Cape Town - Volvo Ocean Race boats will be loaded onto a ship and protected by armed guards when they pass through the pirate-filled waters off the East African coast, organisers said on Thursday.
The yachts, worth millions of dollars, will be picked up by a heavy lift ship in an undisclosed "safe haven port" in the Indian Ocean during the second leg, which starts on Sunday in Cape Town.
Unveiling their "anti-piracy plan," race officials said the yachts will be transported to a second starting point near Sharjah for the leg's final run to Abu Dhabi so crews are not exposed to the dangerous channel off Somalia.
The transport ship will be manned by armed guards and feature "other security measures", according to the organisers. Race crew members will not travel on the ship.
"We have done everything in our power, taking the advice of the leading experts in the world in marine protection, to minimise the risk to our boats," race chief executive Knut Frostad said.
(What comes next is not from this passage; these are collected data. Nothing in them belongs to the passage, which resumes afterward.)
-- ===== src/EnvConfig/Tests.antt =====
-- The theorems on a filter with two directives, and runs of the parser.
use zaku.Prelude.{◌≡◌, refl, some, [], ◌∷◌, ok, err}
use zaku.Text.Trim.{trim}
use zaku.Text.{text}
use zaku.EnvConfig.{
  level_info, level_debug, level_trace, invalid_level, multiple_max_levels, trim_end_matches,
  parse_level, parse_directive, parse_directives, parse,
}
use zaku.EnvConfig.Parsing.{Directive, IsName, parse-print_global}

abbrev workspace_debug : Directive
workspace_debug = (text "pane", level_debug)

workspace-IsName : IsName (text "pane")
unfolding trim trim_end_matches
workspace-IsName = record {
  no_comma = (refl, (refl, (refl, (refl, tt))));
  no_equals = (refl, (refl, (refl, (refl, tt))));
  is_clean = refl;
}

parse-print_global_example :
    parse (text "info,pane=debug")
    ≡ ok (record {
      level_global = some level_info;
      directive_names = text "pane" ∷ [];
      directive_levels = level_debug ∷ [];
    })
parse-print_global_example =
    parse-print_global level_info (workspace_debug ∷ []) (workspace-IsName, tt)

-- A bare name is a directive of the highest level.
parse_bare :
    parse (text "info,test_module")
    ≡ ok (record {
      level_global = some level_info;
      directive_names = text "test_module" ∷ [];
      directive_levels = level_trace ∷ [];
    })
unfolding parse parse_directives parse_directive parse_level trim trim_end_matches
parse_bare = refl

parse_twice : parse (text "info,warn") ≡ err multiple_max_levels
unfolding parse parse_directives parse_directive parse_level trim
parse_twice = refl

parse_bad : parse (text "test_module=foobar") ≡ err (invalid_level (text "foobar"))
unfolding parse parse_directives parse_directive parse_level trim
parse_bad = refl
"We are still a round-the-world race, we still navigate the globe, but we are simply avoiding part of the ocean which we are advised is unsafe for our boats."
The Volvo Ocean Race announced in August it would move the second and third legs of this year's event because of the high threat of piracy off East Africa and in the Arabian Sea.
The yachts can cost more than $10 million each to design and build, making them an attractive target for pirates.
The International Maritime Bureau recorded 409 piracy attacks in 2011, 230 of them off the coast of Somalia. The bureau says Somali pirates currently hold 10 vessels and 172 hostages.
The six Volvo Ocean Race boats will leave Cape Town this weekend as planned and tracked as normal until they reach a point in the Indian Ocean when their location will be switched off to the public. They will then make their way to the secret safe haven to be loaded onto the ship.
Race organisers will decide where the leg will be restarted off the coast of the United Arab Emirates for the short sprint to Abu Dhabi.
"It is unfortunate that we have to take these measures," race director Jack Lloyd said. "The teams all understand the situation and have given us their full support."
The scoring system will also be modified for the leg.
The Volvo Ocean Race has already had its share of drama with three of the six-strong fleet failing to reach Cape Town from Alicante, Spain, where the event started on November 5.
Abu Dhabi and Puma both lost their masts while Team Sanya of China's hull had a hole in it. All three were shipped to Cape Town and are being repaired in time for Saturday's point-scoring race in the port.
Spain's Team Telefonica won the first leg and leads the event on 31 points, ahead of Camper (Spain/New Zealand) on 29 and French entry Groupama on 22.